__Exercise directions__
Return nothing but the lines from the line containing "(reqs : List" through the last line of the records, reproduced exactly.
*** Begin section ***
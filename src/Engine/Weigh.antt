-- ===== src/Engine/Weigh.antt =====
-- No reaction is lost or doubled: what fires and what still waits at the end is what was matched.
use sig_topo.Base.{
  ℕ, zero, suc, ◌+◌, String, ◌≡◌, Bool, not, Option, none, some, List, [], ◌∷◌, ◌++◌, HashMap,
  lookup, filter, arith, Bool-cases, inl, inr,
}
use sig_topo.Schema.{ReactionDef}
use sig_topo.Engine.Dispatch.{Pending, is_unblocked, complete_group, after_fire, reached, count_of}
use sig_topo.Engine.Schedule.{schedule_from}

module _ {N : Type 0} where
  -- The sum of a weight of reactions: equal for every weight, two lists have the same items.
  abbrev pub weigh : (ReactionDef N → ℕ) → List (ReactionDef N) → ℕ
  weigh f [] = 0
  weigh f (r ∷ rs) = f r + weigh f rs

  weigh-append :
      (f : ReactionDef N → ℕ) (xs ys : List (ReactionDef N))
      → weigh f (xs ++ ys) ≡ weigh f xs + weigh f ys
  weigh-append f [] ys = omega arith
  weigh-append f (x ∷ xs) ys = omega (arith, weigh-append f xs ys)

  pub weigh-filter :
      (f : ReactionDef N → ℕ) (test : ReactionDef N → Bool) (xs : List (ReactionDef N))
      → weigh f (filter test xs) + weigh f (filter (λ x. not (test x)) xs) ≡ weigh f xs
  weigh-filter f test [] = omega arith
  weigh-filter f test (x ∷ xs) = elim (Bool-cases (test x)) [
    | inl t ↦ rw t (omega (arith, weigh-filter f test xs))
    | inr o ↦ rw o (omega (arith, weigh-filter f test xs))
  ]

  after_weigh :
      (f : ReactionDef N → ℕ) (totals : HashMap ℕ) (group : Option String) (d : Pending N)
      → weigh f (after_fire totals group d).0 + weigh f (after_fire totals group d).1.waiting
        ≡ weigh f d.waiting
  unfolding after_fire complete_group
  after_weigh f totals none d = omega arith
  after_weigh f totals (some h) d =
      elim (Bool-cases (reached (lookup h totals) (count_of h d.group_done_count + 1))) [
        | inl full ↦ rw full (weigh-filter f (is_unblocked (h ∷ d.groups_done)) d.waiting)
        | inr open_group ↦ rw open_group (omega arith)
      ]

  -- What still waits when the loop ends.
  unfoldable pub left_from : ℕ → HashMap ℕ → List (ReactionDef N) → Pending N → List (ReactionDef N)
  left_from fuel totals [] d = d.waiting
  left_from zero totals (r ∷ ready) d = (r ∷ ready) ++ d.waiting
  left_from (suc fuel) totals (r ∷ ready) d =
      let next = after_fire totals r.join_group d in left_from fuel totals (ready ++ next.0) next.1

  pub weigh-schedule_from :
      (f : ReactionDef N → ℕ) (n : ℕ) (totals : HashMap ℕ) (ready : List (ReactionDef N))
      (d : Pending N)
      → weigh f (schedule_from n totals ready d) + weigh f (left_from n totals ready d)
        ≡ weigh f ready + weigh f d.waiting
  unfolding schedule_from left_from
  weigh-schedule_from f zero totals [] d = omega arith
  weigh-schedule_from f (suc n) totals [] d = omega arith
  weigh-schedule_from f zero totals (r ∷ ready) d =
      omega (arith, weigh-append f (r ∷ ready) d.waiting)
  weigh-schedule_from f (suc n) totals (r ∷ ready) d =
      let next = after_fire totals r.join_group d in
      omega (
        arith,
        weigh-schedule_from f n totals (ready ++ next.0) next.1,
        weigh-append f ready next.0,
        after_weigh f totals r.join_group d,
      )
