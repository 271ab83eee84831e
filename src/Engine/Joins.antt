-- ===== src/Engine/Joins.antt =====
-- A reaction with `requires` fires after every member of the groups that it names.
use sig_topo.Base.{
  ℕ, ◌+◌, String, ◌≡◌, refl, Bool, true, not, Option, none, some, List, [], ◌∷◌, ◌++◌, HashMap,
  lookup, lookup-insert, filter, all, arith, Bool-cases, ◌⊎◌, inl, inr, All, contains,
  if◌then◌else◌, ◌==◌, eq_iff,
}
use sig_topo.Schema.{ReactionDef}
use sig_topo.Engine.Dispatch.{
  Pending, is_unblocked, complete_group, after_fire, add_group, group_totals, reached, count_of,
}

-- One for a member of the group.
abbrev pub in_group : String → Option String → ℕ
in_group g none = 0
in_group g (some h) = if h == g then 1 else 0

module _ {N : Type 0} where
  -- How many of the reactions are in the group.
  abbrev pub members : String → List (ReactionDef N) → ℕ
  members g [] = 0
  members g (r ∷ rs) = in_group g r.join_group + members g rs

  pub members-append :
      (g : String) (xs ys : List (ReactionDef N))
      → members g (xs ++ ys) ≡ members g xs + members g ys
  members-append g [] ys = omega arith
  members-append g (x ∷ xs) ys = omega (arith, members-append g xs ys)

  pub members-filter :
      (g : String) (test : ReactionDef N → Bool) (xs : List (ReactionDef N))
      → members g (filter test xs) + members g (filter (λ x. not (test x)) xs) ≡ members g xs
  members-filter g test [] = omega arith
  members-filter g test (x ∷ xs) = elim (Bool-cases (test x)) [
    | inl t ↦ rw t (omega (arith, members-filter g test xs))
    | inr f ↦ rw f (omega (arith, members-filter g test xs))
  ]

count_of-add_group :
    (g : String) (group : Option String) (m : HashMap ℕ)
    → count_of g (add_group group m) ≡ count_of g m + in_group g group
unfolding add_group
count_of-add_group g none m = omega arith
count_of-add_group g (some h) m = ground (arith, lookup-insert h g (count_of h m + 1) m, eq_iff h g)

unblocked_mono :
    (g : String) (groups reqs : List String)
    → all (λ q. contains q groups) reqs ≡ true
    → all (λ q. contains q (g ∷ groups)) reqs ≡ true
unblocked_mono g groups [] h = refl
unblocked_mono g groups (q ∷ reqs) h = ground (arith, h, unblocked_mono g groups reqs)

module _ {N : Type 0} where
  pub count_of-group_totals :
      (g : String) (rs : List (ReactionDef N)) (m : HashMap ℕ)
      → count_of g (group_totals rs m) ≡ count_of g m + members g rs
  unfolding group_totals
  count_of-group_totals g [] m = omega arith
  count_of-group_totals g (r ∷ rs) m = omega (
    arith,
    count_of-group_totals g rs (add_group r.join_group m),
    count_of-add_group g r.join_group m,
  )

  -- What one firing does to each part of the state, by its group.
  module _ (g : String) (totals : HashMap ℕ) where
    pub after_counts :
        (group : Option String) (d : Pending N)
        → count_of g (after_fire totals group d).1.group_done_count
          ≡ count_of g d.group_done_count + in_group g group
    unfolding after_fire complete_group add_group
    after_counts none d = omega arith
    after_counts (some h) d =
        let added = count_of-add_group g (some h) d.group_done_count in
        elim (Bool-cases (reached (lookup h totals) (count_of h d.group_done_count + 1))) [
          | inl full ↦ rw full added
          | inr open_group ↦ rw open_group added
        ]

    pub after_members :
        (group : Option String) (d : Pending N)
        → members g (after_fire totals group d).0 + members g (after_fire totals group d).1.waiting
          ≡ members g d.waiting
    unfolding after_fire complete_group
    after_members none d = omega arith
    after_members (some h) d =
        elim (Bool-cases (reached (lookup h totals) (count_of h d.group_done_count + 1))) [
          | inl full ↦ rw full (members-filter g (is_unblocked (h ∷ d.groups_done)) d.waiting)
          | inr open_group ↦ rw open_group (omega arith)
        ]

    pub after_done :
        (group : Option String) (d : Pending N)
        → contains g (after_fire totals group d).1.groups_done ≡ true
        → (contains g d.groups_done ≡ true)
          ⊎ (count_of g totals ≡ count_of g d.group_done_count + in_group g group)
    unfolding after_fire complete_group
    after_done none d h = inl h
    after_done (some k) d h = ground (arith, h, eq_iff k g)

  abbrev pub AllUnblocked : List String → List (ReactionDef N) → Type 0
  AllUnblocked groups = All (λ r. is_unblocked groups r ≡ true)

  AllUnblocked-filter :
      (groups : List String) (xs : List (ReactionDef N))
      → AllUnblocked groups (filter (is_unblocked groups) xs)
  AllUnblocked-filter groups [] = tt
  AllUnblocked-filter groups (x ∷ xs) = elim (Bool-cases (is_unblocked groups x)) [
    | inl t ↦ rw t (t, AllUnblocked-filter groups xs)
    | inr f ↦ rw f (AllUnblocked-filter groups xs)
  ]

  AllUnblocked-append :
      (groups : List String) (xs ys : List (ReactionDef N))
      → AllUnblocked groups xs
      → AllUnblocked groups ys
      → AllUnblocked groups (xs ++ ys)
  AllUnblocked-append groups [] ys h k = k
  AllUnblocked-append groups (x ∷ xs) ys h k = (h.0, AllUnblocked-append groups xs ys h.1 k)

  AllUnblocked-cons :
      (g : String) (groups : List String) (xs : List (ReactionDef N))
      → AllUnblocked groups xs
      → AllUnblocked (g ∷ groups) xs
  AllUnblocked-cons g groups [] h = tt
  AllUnblocked-cons g groups (x ∷ xs) h =
      (unblocked_mono g groups x.requires h.0, AllUnblocked-cons g groups xs h.1)

  pub after_unblocked :
      (totals : HashMap ℕ) (group : Option String) (ready : List (ReactionDef N)) (d : Pending N)
      → AllUnblocked d.groups_done ready
      → AllUnblocked
          (after_fire totals group d).1.groups_done
          (ready ++ (after_fire totals group d).0)
  unfolding after_fire complete_group
  after_unblocked totals none ready d h = AllUnblocked-append d.groups_done ready [] h tt
  after_unblocked totals (some g) ready d h =
      elim (Bool-cases (reached (lookup g totals) (count_of g d.group_done_count + 1))) [
        | inl full ↦
            let groups = g ∷ d.groups_done in
            rw full (
              AllUnblocked-append groups ready _ (AllUnblocked-cons g d.groups_done ready h)
                (AllUnblocked-filter groups d.waiting))
        | inr open_group ↦ rw open_group (AllUnblocked-append d.groups_done ready [] h tt)
      ]
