-- ===== src/Engine/JoinOrder.antt =====
-- The fork and join order of a dispatch.
use sig_topo.Base.{
  ℕ, zero, suc, ◌+◌, String, ◌≡◌, refl, ◌∙◌, true, not, List, [], ◌∷◌, ◌++◌, HashMap, length,
  filter, all, arith, inl, inr, contains, eq_iff, Bool-cases, lookup,
}
use sig_topo.Schema.{ReactionDef}
use sig_topo.Engine.Dispatch.{Pending, is_empty, after_fire, group_totals, count_of}
use sig_topo.Engine.Schedule.{schedule_from, schedule}
use sig_topo.Engine.Joins.{
  members, members-append, members-filter, count_of-group_totals, after_counts, after_members,
  after_done, AllUnblocked, after_unblocked,
}

required_done :
    (g : String) (groups reqs : List String)
    → all (λ q. contains q groups) reqs ≡ true
    → contains g reqs ≡ true
    → contains g groups ≡ true
required_done g groups [] h k = absurd (cc)
required_done g groups (q ∷ reqs) h k =
    ground (arith, h, k, eq_iff q g, required_done g groups reqs)

module _ {N : Type 0} where
  -- Each reaction in turn, after those before it: of every group that it requires, all matched
  -- members are among them.
  abbrev pub InOrder : List (ReactionDef N) → List (ReactionDef N) → List (ReactionDef N) → Type 0
  InOrder matched before [] = Unit
  InOrder matched before (r ∷ rest) =
      ((g : String) → contains g r.requires ≡ true → members g before ≡ members g matched)
      × InOrder matched (before ++ r ∷ []) rest

  -- The counters tell how many members have fired, no reaction is lost, and what is ready has all
  -- that it requires.
  pub record Inv (matched fired ready : List (ReactionDef N)) (d : Pending N) : Type 0 where
    pub counts : (g : String) → count_of g d.group_done_count ≡ members g fired
    pub whole :
        (g : String) → members g fired + (members g ready + members g d.waiting) ≡ members g matched
    pub complete :
        (g : String) → contains g d.groups_done ≡ true → members g fired ≡ members g matched
    pub unblocked : AllUnblocked d.groups_done ready

  module _ (matched : List (ReactionDef N)) (totals : HashMap ℕ)
      (total : (g : String) → count_of g totals ≡ members g matched) where
    pub Inv-fire :
        (fired ready : List (ReactionDef N)) (r : ReactionDef N) (d : Pending N)
        → Inv matched fired (r ∷ ready) d
        → let next = after_fire totals r.join_group d in
          Inv matched (fired ++ r ∷ []) (ready ++ next.0) next.1
    Inv-fire fired ready r d v =
        let next = after_fire totals r.join_group d in
        record {
          counts = λ g. omega (
            arith,
            after_counts g totals r.join_group d,
            v.counts g,
            members-append g fired (r ∷ []),
          );
          whole = λ g. omega (
            arith,
            after_members g totals r.join_group d,
            v.whole g,
            members-append g fired (r ∷ []),
            members-append g ready next.0,
          );
          complete = λ g h. elim (after_done g totals r.join_group d h) [
            | inl old ↦ omega (arith, v.complete g old, v.whole g, members-append g fired (r ∷ []))
            | inr full ↦ omega (arith, full, total g, v.counts g, members-append g fired (r ∷ []))
          ];
          unblocked = after_unblocked totals r.join_group ready d v.unblocked.1;
        }

    schedule_from-InOrder :
        (n : ℕ) (fired ready : List (ReactionDef N)) (d : Pending N)
        → Inv matched fired ready d
        → InOrder matched fired (schedule_from n totals ready d)
    unfolding schedule_from
    schedule_from-InOrder zero fired [] d v = tt
    schedule_from-InOrder (suc n) fired [] d v = tt
    schedule_from-InOrder zero fired (r ∷ ready) d v = tt
    schedule_from-InOrder (suc n) fired (r ∷ ready) d v = (
      λ g required. v.complete g (required_done g d.groups_done r.requires v.unblocked.0 required),
      schedule_from-InOrder n (fired ++ r ∷ []) _ _ (Inv-fire fired ready r d v),
    )

  all_unblocked :
      (rs : List (ReactionDef N)) → AllUnblocked [] (filter (λ r. is_empty r.requires) rs)
  all_unblocked [] = tt
  all_unblocked (r ∷ rs) = elim (Bool-cases (is_empty r.requires)) [
    | inl t ↦ rw t (empty_unblocked r.requires t, all_unblocked rs)
    | inr f ↦ rw f (all_unblocked rs)
  ]
    where
      empty_unblocked :
          (reqs : List String) → is_empty reqs ≡ true → all (λ q. contains q []) reqs ≡ true
      empty_unblocked [] h = refl
      empty_unblocked (q ∷ reqs) h = absurd (cc)

  -- The state of a dispatch at its start.
  abbrev pub started : List (ReactionDef N) → Pending N
  started matched = record {
    waiting = filter (λ r. not (is_empty r.requires)) matched;
    group_done_count = [];
    groups_done = [];
  }

  pub started-Inv :
      (matched : List (ReactionDef N))
      → Inv matched [] (filter (λ r. is_empty r.requires) matched) (started matched)
  unfolding lookup
  started-Inv matched = record {
    counts = λ g. refl;
    whole = λ g. omega (arith, members-filter g (λ r. is_empty r.requires) matched);
    complete = λ g h. absurd (cc);
    unblocked = all_unblocked matched;
  }

  pub count_of-totals :
      (matched : List (ReactionDef N)) (g : String)
      → count_of g (group_totals matched []) ≡ members g matched
  unfolding lookup
  count_of-totals matched g = count_of-group_totals g matched [] ∙ omega arith

  pub schedule-InOrder : (matched : List (ReactionDef N)) → InOrder matched [] (schedule matched)
  unfolding schedule
  schedule-InOrder matched =
      schedule_from-InOrder matched (group_totals matched []) (count_of-totals matched)
        (length matched) [] (filter (λ r. is_empty r.requires) matched) (started matched)
        (started-Inv matched)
*** End section ***
__Final answer__
          (reqs : List String) → is_empty reqs ≡ true → all (λ q. contains q []) reqs ≡ true
      empty_unblocked [] h = refl
      empty_unblocked (q ∷ reqs) h = absurd (cc)

  -- The state of a dispatch at its start.
  abbrev pub started : List (ReactionDef N) → Pending N
  started matched = record {
    waiting = filter (λ r. not (is_empty r.requires)) matched;
    group_done_count = [];
    groups_done = [];
  }

  pub started-Inv :
      (matched : List (ReactionDef N))
      → Inv matched [] (filter (λ r. is_empty r.requires) matched) (started matched)
  unfolding lookup
  started-Inv matched = record {
    counts = λ g. refl;
    whole = λ g. omega (arith, members-filter g (λ r. is_empty r.requires) matched);
    complete = λ g h. absurd (cc);
    unblocked = all_unblocked matched;
  }

  pub count_of-totals :
      (matched : List (ReactionDef N)) (g : String)
      → count_of g (group_totals matched []) ≡ members g matched
  unfolding lookup
  count_of-totals matched g = count_of-group_totals g matched [] ∙ omega arith

  pub schedule-InOrder : (matched : List (ReactionDef N)) → InOrder matched [] (schedule matched)
  unfolding schedule
  schedule-InOrder matched =
      schedule_from-InOrder matched (group_totals matched []) (count_of-totals matched)
        (length matched) [] (filter (λ r. is_empty r.requires) matched) (started matched)
        (started-Inv matched)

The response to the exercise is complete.